Adaptive Bayesian Regression on Data with Low Intrinsic Dimensionality

We study how the posterior contraction rate under a Gaussian process (GP) prior depends on the intrinsic dimension of the predictors and smoothness of the regression function. An open question is whether a generic GP prior that does not incorporate knowledge of the intrinsic lower-dimensional structure of the predictors can attain an adaptive rate for a broad class of such structures.
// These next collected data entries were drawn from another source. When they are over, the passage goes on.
-- ===== src/Gateway/Quota.antt =====
-- backend/app/gateway/quota.py: reservation and reconciliation of money at four levels. Money is
-- in millionths of a dollar. Redis is a parameter: `hget` reads a field of a hash, 0 when it is
-- absent, and `hset` writes one. `up n` is whether the n-th call of a script is answered; a call
-- that raises leaves the store as it is.
mod Scripts
mod Keys
mod Held
pub mod Reserve
pub mod Atomic
mod Ledger
pub mod Tests
use agent_studio.Base.{
  ℕ, zero, suc, ◌+◌, ◌-◌, ◌*◌, ◌/◌, ◌≡◌, Bool, true, false, not, ◌&&◌, List, [], ◌∷◌, ◌++◌, ltb,
  leb, if◌then◌else◌,
}
use agent_studio.Base.Eq.{Eq, nat_eq, list_eq, list_beq}
use agent_studio.Base.Text.{Text, codes}

pub data Field : Type 0 where
  reserved spent : Field

abbrev pub field_beq : Field → Field → Bool
field_beq reserved reserved = true
field_beq spent spent = true
field_beq _ _ = false

-- What the scripts use of Redis.
pub record HashStore (S : Type 0) : Type 0 where
  pub hget : Text → Field → S → ℕ
  pub hset : Text → Field → ℕ → S → S
  pub hget-hset :
      (k j : Text) (f g : Field) (n : ℕ) (s : S)
      → hget j g (hset k f n s) ≡ (if list_beq k j && field_beq f g then n else hget j g s)

pub data Level : Type 0 where
  platform tenant surface end_user : Level

abbrev pub levels : List Level
levels = platform ∷ tenant ∷ surface ∷ end_user ∷ []

-- 0 is an unlimited level.
pub record Limits : Type 0 where
  pub platform_usd : ℕ
  pub tenant_usd : ℕ
  pub surface_usd : ℕ
  pub end_user_usd : ℕ

unfoldable pub level_limit : Limits → Level → ℕ
level_limit l platform = l.platform_usd
level_limit l tenant = l.tenant_usd
level_limit l surface = l.surface_usd
level_limit l end_user = l.end_user_usd

-- Who spends, and in which month.
pub record Payer : Type 0 where
  pub prefix : Text
  pub tenant_id : Text
  pub surface_id : Text
  pub end_user_id : Text
  pub window : Text

unfoldable pub level_key : Payer → Level → Text
level_key p platform = p.prefix ++ (codes "platform:" ++ p.window)
level_key p tenant = p.prefix ++ (codes "t:" ++ (p.tenant_id ++ (codes ":" ++ p.window)))
level_key p surface =
    p.prefix
    ++ (codes "t:" ++ (p.tenant_id ++ (codes ":s:" ++ (p.surface_id ++ (codes ":" ++ p.window)))))
level_key p end_user =
    p.prefix
    ++ (codes "t:" ++ (p.tenant_id ++ (codes ":u:" ++ (p.end_user_id ++ (codes ":" ++ p.window)))))

pub data Result : Type 0 where
  -- `None`: nothing is enforced
  unenforced : Result
  -- the keys of the reservation, and the levels of the soft alerts
  holds : List Text → List Level → Result
  -- `GatewayQuotaExceeded`
  over_budget : Level → ℕ → ℕ → Result

-- Redis turns a number that a script returns into an integer, here of dollars.
abbrev pub whole_usd : ℕ → ℕ
whole_usd usd = usd / 1000000 * 1000000

module _ {S : Type 0} (redis : HashStore S) where
  -- `_RESERVE_LUA`, and the reply that Redis makes of its table
  unfoldable pub reserve_script : Text → ℕ → ℕ → S → S × Bool × ℕ
  reserve_script key limit est s =
      let used = redis.hget key spent s + redis.hget key reserved s in
      if ltb 0 limit && ltb limit (used + est) then (s, false, whole_usd used) else (
        redis.hset key reserved (redis.hget key reserved s + est) s,
        true,
        whole_usd (used + est),
      )

  -- `_RECONCILE_LUA`
  unfoldable pub reconcile_script : Text → ℕ → ℕ → S → S
  reconcile_script key est actual s =
      let s1 = redis.hset key reserved (redis.hget key reserved s - est) s in
      redis.hset key spent (redis.hget key spent s1 + actual) s1

  -- The loop over the keys of a reservation, from the n-th call on; a call that raises ends it.
  unfoldable pub settle_keys : (ℕ → Bool) → ℕ → ℕ → List Text → ℕ → S → S
  unfolding reconcile_script
  settle_keys up est actual [] n s = s
  settle_keys up est actual (k ∷ ks) n s =
      let rest = settle_keys up est actual ks (suc n) (reconcile_script k est actual s) in
      if up n then rest else s

  -- `_rollback`
  abbrev pub rollback : (ℕ → Bool) → ℕ → List Text → ℕ → S → S
  rollback up est keys n s = settle_keys up est 0 keys n s

  -- `reconcile` of a reservation, while Redis is available, and `release`
  unfoldable pub reconcile : (ℕ → Bool) → ℕ → ℕ → List Text → S → S
  unfolding settle_keys
  reconcile up est actual keys s = settle_keys up est actual keys 0 s

  unfoldable pub release : (ℕ → Bool) → ℕ → List Text → S → S
  unfolding reconcile
  release up est keys s = reconcile up est 0 keys s

  module _ (up : ℕ → Bool) (soft_percent : ℕ) (limits : Limits) (key : Level → Text) (est : ℕ) where
    -- The answer of the script at one level; `rest` goes on with the next level.
    abbrev pub at_level :
        Level → List Text → ℕ → S × Bool × ℕ → (S → Bool → S × Result) → S × Result
    at_level l acquired n (s1, false, used) rest =
        (rollback up est acquired (suc n) s1, over_budget l (level_limit limits l) used)
    at_level l acquired n (s1, true, used) rest =
        rest s1 (leb (soft_percent * level_limit limits l) (100 * used))

    -- The loop over the levels.
    unfoldable pub reserve_levels : List Level → List Text → List Level → ℕ → S → S × Result
    unfolding level_limit reserve_script settle_keys
    reserve_levels [] acquired alerts n s = (s, holds acquired alerts)
    reserve_levels (l ∷ ls) acquired alerts n s =
        let skip = reserve_levels ls acquired alerts n s in
        let go =
          at_level l acquired n (reserve_script (key l) (level_limit limits l) est s) (λ s1 soft.
            reserve_levels ls (acquired ++ (key l ∷ []))
              (if soft then alerts ++ (l ∷ []) else alerts) (suc n) s1) in
        if not (ltb 0 (level_limit limits l))
        then skip
        else if up n
        then go
        else (rollback up est acquired (suc n) s, unenforced)

  -- `reserve`; `available` is `_redis_available`
  unfoldable pub reserve : Bool → (ℕ → Bool) → ℕ → Limits → Payer → ℕ → S → S × Result
  unfolding reserve_levels level_key
  reserve available up soft_percent limits p est s =
      if not (ltb 0 est)
      then (s, unenforced)
      else if not available
      then (s, unenforced)
      else reserve_levels up soft_percent limits (level_key p) est levels [] [] 0 s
We show that this is indeed the case, establishing conditions under which the posterior contraction rates become adaptive to the intrinsic dimension $\varrho$ in terms of the covering number of the data domain $X$ (the Minkowski dimension), and prove the optimal posterior contraction rate $O(n^{-s/(2s +\varrho)})$, up to a logarithmic factor, assuming an approximation order $s$ of the reproducing kernel Hilbert space (RKHS) on ${X}$. When ${X}$ is a $\varrho$-dimensional compact smooth manifold, we study RKHS approximations to intrinsically defined $s$-order H\"older functions on the manifold for any positive $s$ by a novel analysis of kernel approximations on manifolds, leading to the optimal adaptive posterior contraction rate. We propose an empirical Bayes prior on the kernel bandwidth using kernel affinity and $k$-nearest neighbor statistics, eliminating the need for prior knowledge of the intrinsic dimension. The efficiency of the proposed Bayesian regression approach is demonstrated on various numerical experiments.